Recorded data

*** Begin section ***

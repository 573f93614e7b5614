-- ===== src/Screen.antt =====
-- The text screen of kernel.c: 25 rows of 80 cells of two bytes, and the cursor.
pub mod Scroll
pub mod Grid
mod Tests
use apna_os.Prelude.{
  ℕ, zero, suc, ◌+◌, ◌-◌, ◌*◌, ◌&&◌, ltb, leb, ◌==◌, if◌then◌else◌, Bytes, update,
}
use apna_os.Prelude.Run.{Cmd, done, out_of_fuel, pure, get, put, guard, ◌>>=◌, ◌>>◌}

abbrev pub vga_width : ℕ
vga_width = 80

abbrev pub vga_height : ℕ
vga_height = 25

-- `VGA_MEMORY` and the two statics.
pub record Vga : Type 0 where
  pub video : Bytes
  pub vga_row : ℕ
  pub vga_col : ℕ

-- The columns of one row, with `n` left from `col` on, are copied to the row above.
unfoldable pub scroll_cols : ℕ → ℕ → ℕ → Bytes → Bytes
scroll_cols zero col row video = video
scroll_cols (suc n) col row video =
    let from : ℕ = (row * vga_width + col) * 2 in
    let to : ℕ = ((row - 1) * vga_width + col) * 2 in
    let video' : Bytes = update video to (video from) in
    scroll_cols n (col + 1) row (update video' (to + 1) (video' (from + 1)))

unfoldable pub scroll_rows : ℕ → ℕ → Bytes → Bytes
scroll_rows zero row video = video
scroll_rows (suc n) row video = scroll_rows n (row + 1) (scroll_cols vga_width 0 row video)

-- for (int col = 0; ...): the last row becomes blank.
unfoldable pub blank_row : ℕ → ℕ → Bytes → Bytes
blank_row zero col video = video
blank_row (suc n) col video =
    let last_row : ℕ = (vga_height - 1) * vga_width * 2 in
    blank_row n (col + 1)
      (update (update video (last_row + col * 2) (b' ')) (last_row + col * 2 + 1) 0x07)

unfoldable pub scroll_screen : Vga → Vga
scroll_screen v = record {
  video = blank_row vga_width 0 (scroll_rows (vga_height - 1) 1 v.video);
  vga_row = vga_height - 1;
  vga_col = 0;
}

-- The last line of `putchar`.
unfoldable pub scroll_if_full : Vga → Vga
scroll_if_full v = if leb vga_height v.vga_row then scroll_screen v else v

-- if(vga_col >= VGA_WIDTH){ vga_row++; vga_col = 0; }
unfoldable pub wrap_row : Vga → Vga
wrap_row v =
    if leb vga_width v.vga_col then record v { vga_row = v.vga_row + 1; vga_col = 0 } else v

-- The memory of the screen has 4000 bytes.
unfoldable pub putchar : ℕ → Cmd Vga (Unit {0})
putchar c = do
  v ← get
  if c == 10 then put (scroll_if_full (record v { vga_row = v.vga_row + 1; vga_col = 0 })) else (do
    let offset : ℕ = (v.vga_row * vga_width + v.vga_col) * 2
    guard (ltb (offset + 1) (vga_height * vga_width * 2))
    let video : Bytes = update (update v.video offset c) (offset + 1) 0x07
    put (scroll_if_full (wrap_row (record v { video = video; vga_col = v.vga_col + 1 }))))

-- `message` is read from offset `i` on.
unfoldable pub print_to_screen : ℕ → Bytes → ℕ → Cmd Vga (Unit {0})
print_to_screen zero message i = λ v. out_of_fuel
print_to_screen (suc fuel) message i =
    if message i == 0
    then pure tt
    else (do putchar (message i); print_to_screen fuel message (i + 1))
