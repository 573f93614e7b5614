-- ===== src/Screen/Scroll.antt =====
-- What `scroll_screen` does to the bytes of the screen.
use apna_os.Prelude.{
  ℕ, zero, suc, ◌+◌, ◌-◌, ◌*◌, ◌%◌, ◌≤◌, ◌<◌, ◌≡◌, refl, arith, ◌==◌, ltb, leb, ◌&&◌, if◌then◌else◌,
  Bytes, update, ◌∙◌,
}
use apna_os.Screen.{vga_width, Vga, scroll_cols, scroll_rows, blank_row, scroll_screen}

-- The bytes from `a` to before `b` are those of the row below, the others as before.
abbrev moved : ℕ → ℕ → Bytes → Bytes
moved a b video p = if leb a p && ltb p b then video (p + 160) else video p

-- One cell is copied.
copy_cell : ℕ → ℕ → Bytes → Bytes
copy_cell to from video =
    update (update video to (video from)) (to + 1) ((update video to (video from)) (from + 1))

copy_cell-moved :
    (to p : ℕ) (video : Bytes) → copy_cell to (to + 160) video p ≡ moved to (to + 2) video p
unfolding copy_cell
copy_cell-moved to p video = ground arith

-- A cell first and then the rest of the row.
moved-moved :
    (a b p : ℕ) (video video' : Bytes)
    → a + 2 ≤ b
    → b ≤ a + 160
    → ((j : ℕ) → video' j ≡ moved a (a + 2) video j)
    → moved (a + 2) b video' p ≡ moved a b video p
moved-moved a b p video video' l l' same = ground (arith, same p, same (p + 160), l, l')

scroll_cols-moved :
    (n col row p : ℕ) (video : Bytes)
    → col + n ≡ vga_width
    → 0 < row
    → scroll_cols n col row video p ≡ moved (((row - 1) * 80 + col) * 2) (row * 160) video p
unfolding scroll_cols copy_cell
scroll_cols-moved zero col row p video e l = ground (arith, e, l)
scroll_cols-moved (suc n) col row p video e l =
    let to = ((row - 1) * 80 + col) * 2 in
    let from : (row * 80 + col) * 2 ≡ to + 160 = omega (arith, l) in
    let next : ((row - 1) * 80 + (col + 1)) * 2 ≡ to + 2 = omega arith in
    let video' = copy_cell to (to + 160) video in
    rw from (
      scroll_cols-moved n (col + 1) row p video' (omega (arith, e)) l
      ∙ rw next (
          moved-moved to (row * 160) p video video' (omega (arith, e, l)) (omega (arith, e, l))
            (λ j. copy_cell-moved to j video)))

scroll_rows-moved :
    (n row p : ℕ) (video : Bytes)
    → 0 < row
    → scroll_rows n row video p ≡ moved ((row - 1) * 160) ((row + n - 1) * 160) video p
unfolding scroll_rows
scroll_rows-moved zero row p video l = ground (arith, l)
scroll_rows-moved (suc n) row p video l =
    let video' = scroll_cols vga_width 0 row video in
    let ih = scroll_rows-moved n (row + 1) p video' (omega arith) in
    let here = scroll_cols-moved vga_width 0 row p video refl l in
    let there = scroll_cols-moved vga_width 0 row (p + 160) video refl l in
    ground (arith, ih, here, there, l)

blank_row-at :
    (n col p : ℕ) (video : Bytes)
    → blank_row n col video p ≡ (
        if leb (3840 + col * 2) p && ltb p (3840 + (col + n) * 2)
        then (if p % 2 == 0 then 32 else 7)
        else video p)
unfolding blank_row
blank_row-at zero col p video = ground arith
blank_row-at (suc n) col p video =
    let video' = update (update video (3840 + col * 2) 32) (3840 + col * 2 + 1) 7 in
    ground (arith, blank_row-at n (col + 1) p video')

-- The rows move up by one, the last row is blank, and no other byte changes.
pub scroll_screen_lem :
    (v : Vga) (p : ℕ)
    → (scroll_screen v).video p ≡ (
        if ltb p 3840
        then v.video (p + 160)
        else if ltb p 4000
        then (if p % 2 == 0 then 32 else 7)
        else v.video p)
unfolding scroll_screen
scroll_screen_lem v p = ground (
  arith,
  blank_row-at vga_width 0 p (scroll_rows 24 1 v.video),
  scroll_rows-moved 24 1 p v.video (omega arith),
)
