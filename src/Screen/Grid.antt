-- ===== src/Screen/Grid.antt =====
-- The screen as a grid of characters with a cursor, and what printing does to it.
use apna_os.Prelude.{
  ℕ, zero, suc, ◌+◌, ◌*◌, ◌≤◌, ◌<◌, ◌≡◌, refl, arith, ◌==◌, ltb, leb, ◌&&◌, if◌then◌else◌, Bytes,
  update, ◌∙◌, Bool-cases, inl, inr, true, false, ne→==, eq→==, ℕ_discrete, ap,
}
use apna_os.Prelude.Run
use apna_os.Prelude.Run.{Returns, returns, Cmd}
use apna_os.Text.{HasLength}
use apna_os.Screen.{
  vga_width, vga_height, Vga, scroll_screen, scroll_if_full, wrap_row, putchar, print_to_screen,
}
use apna_os.Screen.Scroll.{scroll_screen_lem}

-- The characters and their colours by row and column.
pub record Grid : Type 0 where
  pub char : ℕ → ℕ → ℕ
  pub colour : ℕ → ℕ → ℕ
  pub row : ℕ
  pub col : ℕ

-- The first row is lost, and the last one is blank.
unfoldable pub scrolled : Grid → Grid
scrolled g = record {
  char = λ r c. if r == 24 then b' ' else g.char (r + 1) c;
  colour = λ r c. if r == 24 then 7 else g.colour (r + 1) c;
  row = 24;
  col = 0;
}

unfoldable pub feed : Grid → Grid
feed g = if leb 25 g.row then scrolled g else g

unfoldable pub draw : ℕ → Grid → Grid
draw x g = record g {
  char = λ r c. if r == g.row && c == g.col then x else g.char r c;
  colour = λ r c. if r == g.row && c == g.col then 7 else g.colour r c;
  col = g.col + 1;
}

unfoldable pub next_line : Grid → Grid
next_line g = record g { row = g.row + 1; col = 0 }

unfoldable pub wrap : Grid → Grid
wrap g = if leb 80 g.col then feed (next_line g) else g

unfoldable pub type : ℕ → Grid → Grid
type x g = if x == 10 then feed (next_line g) else wrap (draw x g)

-- The memory of the screen holds the cells of the grid.
pub record Draws (g : Grid) (v : Vga) : Type 0 where
  pub row : v.vga_row ≡ g.row
  pub col : v.vga_col ≡ g.col
  pub char : (r c : ℕ) → r < 25 → c < 80 → v.video ((r * 80 + c) * 2) ≡ g.char r c
  pub colour : (r c : ℕ) → r < 25 → c < 80 → v.video ((r * 80 + c) * 2 + 1) ≡ g.colour r c

-- And the cursor stands on it.
pub record Displays (g : Grid) (v : Vga) : Type 0 where
  pub draws : Draws g v
  pub in_rows : g.row < 25
  pub in_cols : g.col < 80

scroll_screen-row : (v : Vga) → ((scroll_screen v).vga_row ≡ 24) × ((scroll_screen v).vga_col ≡ 0)
unfolding scroll_screen
scroll_screen-row v = (refl, refl)

scroll_screen-Draws : {g : Grid} {v : Vga} → Draws g v → Draws (scrolled g) (scroll_screen v)
unfolding scrolled
scroll_screen-Draws {g} {v} d = record {
  row = (scroll_screen-row v).0;
  col = (scroll_screen-row v).1;
  char = λ r c a b. elim (ℕ_discrete r 24) [
    | yes e ↦ rw (eq→== r 24 e) (ground (arith, scroll_screen_lem v ((r * 80 + c) * 2), e, b))
    | no ne ↦
        let below : (r * 80 + c) * 2 + 160 ≡ ((r + 1) * 80 + c) * 2 = omega arith in
        let cell : v.video ((r * 80 + c) * 2 + 160) ≡ g.char (r + 1) c =
          rw below (d.char (r + 1) c (omega (arith, a, ne)) b) in
        rw (ne→== r 24 ne) (ground (arith, scroll_screen_lem v ((r * 80 + c) * 2), cell, a, b, ne))
  ];
  colour = λ r c a b. elim (ℕ_discrete r 24) [
    | yes e ↦ rw (eq→== r 24 e) (ground (arith, scroll_screen_lem v ((r * 80 + c) * 2 + 1), e, b))
    | no ne ↦
        let below : (r * 80 + c) * 2 + 1 + 160 ≡ ((r + 1) * 80 + c) * 2 + 1 = omega arith in
        let cell : v.video ((r * 80 + c) * 2 + 1 + 160) ≡ g.colour (r + 1) c =
          rw below (d.colour (r + 1) c (omega (arith, a, ne)) b) in
        rw (ne→== r 24 ne)
          (ground (arith, scroll_screen_lem v ((r * 80 + c) * 2 + 1), cell, a, b, ne))
  ];
}

feed-Displays :
    {g : Grid} {v : Vga}
    → Draws g v
    → g.row ≤ 25
    → g.col < 80
    → Displays (feed g) (scroll_if_full v)
unfolding feed scroll_if_full scrolled
feed-Displays {g} {v} d l l' =
    let same : leb vga_height v.vga_row ≡ leb 25 g.row = ap (leb 25) (d.row) in
    elim (Bool-cases (leb 25 g.row)) [
      | inr f ↦ rw (same ∙ f, f) (record { draws = d; in_rows = ground (arith, f); in_cols = l' })
      | inl t ↦
          rw (same ∙ t, t)
            (record { draws = scroll_screen-Draws d; in_rows = omega arith; in_cols = omega arith })
    ]

next_line-Draws :
    {g : Grid} {v : Vga}
    → Draws g v
    → Draws (next_line g) (record v { vga_row = v.vga_row + 1; vga_col = 0 })
unfolding next_line
next_line-Draws d = record {
  row = ap (λ r. r + 1) (d.row);
  col = refl;
  char = d.char;
  colour = d.colour;
}

-- One character is written at the cursor.
drawn : ℕ → Vga → Vga
drawn x v =
    let offset : ℕ = (v.vga_row * vga_width + v.vga_col) * 2 in
    record v { video = update (update v.video offset x) (offset + 1) 0x07; vga_col = v.vga_col + 1 }

drawn-Draws : (x : ℕ) {g : Grid} {v : Vga} → Displays g v → Draws (draw x g) (drawn x v)
unfolding draw drawn
drawn-Draws x {g} {v} d = record {
  row = d.draws.row;
  col = ap (λ c. c + 1) (d.draws.col);
  char = λ r c a b. ground (arith, d.draws.char r c a b, d.draws.row, d.draws.col, d.in_cols, b);
  colour =
      λ r c a b. ground (arith, d.draws.colour r c a b, d.draws.row, d.draws.col, d.in_cols, b);
}

wrap_row-Displays :
    {g : Grid} {v : Vga}
    → Draws g v
    → g.row < 25
    → g.col ≤ 80
    → Displays (wrap g) (scroll_if_full (wrap_row v))
unfolding wrap wrap_row next_line scroll_if_full
wrap_row-Displays {g} {v} d l l' =
    let same : leb vga_width v.vga_col ≡ leb 80 g.col = ap (leb 80) (d.col) in
    elim (Bool-cases (leb 80 g.col)) [
      | inl t ↦
          rw (same ∙ t, t) (feed-Displays (next_line-Draws d) (omega (arith, l)) (omega arith))
      | inr f ↦
          let stays : leb vga_height v.vga_row ≡ false = ground (arith, d.row, l) in
          rw (same ∙ f, f)
            (rw stays (record { draws = d; in_rows = l; in_cols = ground (arith, f, l') }))
    ]

putchar-Displays :
    (x : ℕ) {g : Grid} {v : Vga}
    → Displays g v
    → Returns (λ _ v'. Displays (type x g) v') (putchar x v)
unfolding putchar type drawn next_line draw
putchar-Displays x {g} {v} d = elim (ℕ_discrete x 10) [
  | yes e ↦
      rw (eq→== x 10 e)
        (returns (feed-Displays (next_line-Draws d.draws) (omega (arith, d.in_rows)) (omega arith)))
  | no ne ↦
      let room : ltb ((v.vga_row * vga_width + v.vga_col) * 2 + 1) (vga_height * vga_width * 2)
          ≡ true =
        ground (arith, d.draws.row, d.draws.col, d.in_rows, d.in_cols) in
      rw (ne→== x 10 ne, room)
        (returns (wrap_row-Displays (drawn-Draws x d) (d.in_rows) (omega (arith, d.in_cols))))
]

-- The characters of a string, from offset `i` on, `n` of them.
abbrev pub type_all : ℕ → Bytes → ℕ → Grid → Grid
type_all zero s i g = g
type_all (suc n) s i g = type_all n s (i + 1) (type (s i) g)

print_loop-Displays :
    (fuel n i k : ℕ) (message : Bytes) {g : Grid} {v : Vga}
    → HasLength message k
    → i + n ≡ k
    → n < fuel
    → Displays g v
    → Returns (λ _ v'. Displays (type_all n message i g) v') (print_to_screen fuel message i v)
unfolding print_to_screen
print_loop-Displays zero n i k message h e l d = absurd (omega (arith, l))
print_loop-Displays (suc fuel) zero i k message h e l d =
    let here : i ≡ k = omega (arith, e) in
    rw (eq→== (message i) 0 (ap message here ∙ h.ends)) (returns d)
print_loop-Displays (suc fuel) (suc n) i k message h e l d =
    rw (ne→== (message i) 0 (h.before i (omega (arith, e)))) (
      Run.bind (putchar-Displays (message i) d) λ _ v' d'.
        print_loop-Displays fuel n (i + 1) k message h (omega (arith, e)) (omega (arith, l)) d')

-- Printing a string on a screen that displays a grid, the cursor on it, ends inside the memory of the
-- screen, given more rounds than the string has bytes; the screen then displays the grid on which the
-- bytes of the string were typed one after the other, with line feeds, full rows and scrolling, and
-- the cursor stands on it.
pub print_to_screen-Displays :
    (fuel k : ℕ) (message : Bytes) (g : Grid) (v : Vga)
    → HasLength message k
    → k < fuel
    → Displays g v
    → Returns (λ _ v'. Displays (type_all k message 0 g) v') (print_to_screen fuel message 0 v)
print_to_screen-Displays fuel k message g v h l d =
    print_loop-Displays fuel k 0 k message h (omega arith) l d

*** End section ***

§ **Activity**:
Using the data above, transcribe the lines that run from the line with "row = (scroll_screen-row v).0;" to the line with "rw below (d.char", both ends kept, and output nothing else.

§ **Output below**:
  row = (scroll_screen-row v).0;
  col = (scroll_screen-row v).1;
  char = λ r c a b. elim (ℕ_discrete r 24) [
    | yes e ↦ rw (eq→== r 24 e) (ground (arith, scroll_screen_lem v ((r * 80 + c) * 2), e, b))
    | no ne ↦
        let below : (r * 80 + c) * 2 + 160 ≡ ((r + 1) * 80 + c) * 2 = omega arith in
        let cell : v.video ((r * 80 + c) * 2 + 160) ≡ g.char (r + 1) c =
          rw below (d.char (r + 1) c (omega (arith, a, ne)) b) in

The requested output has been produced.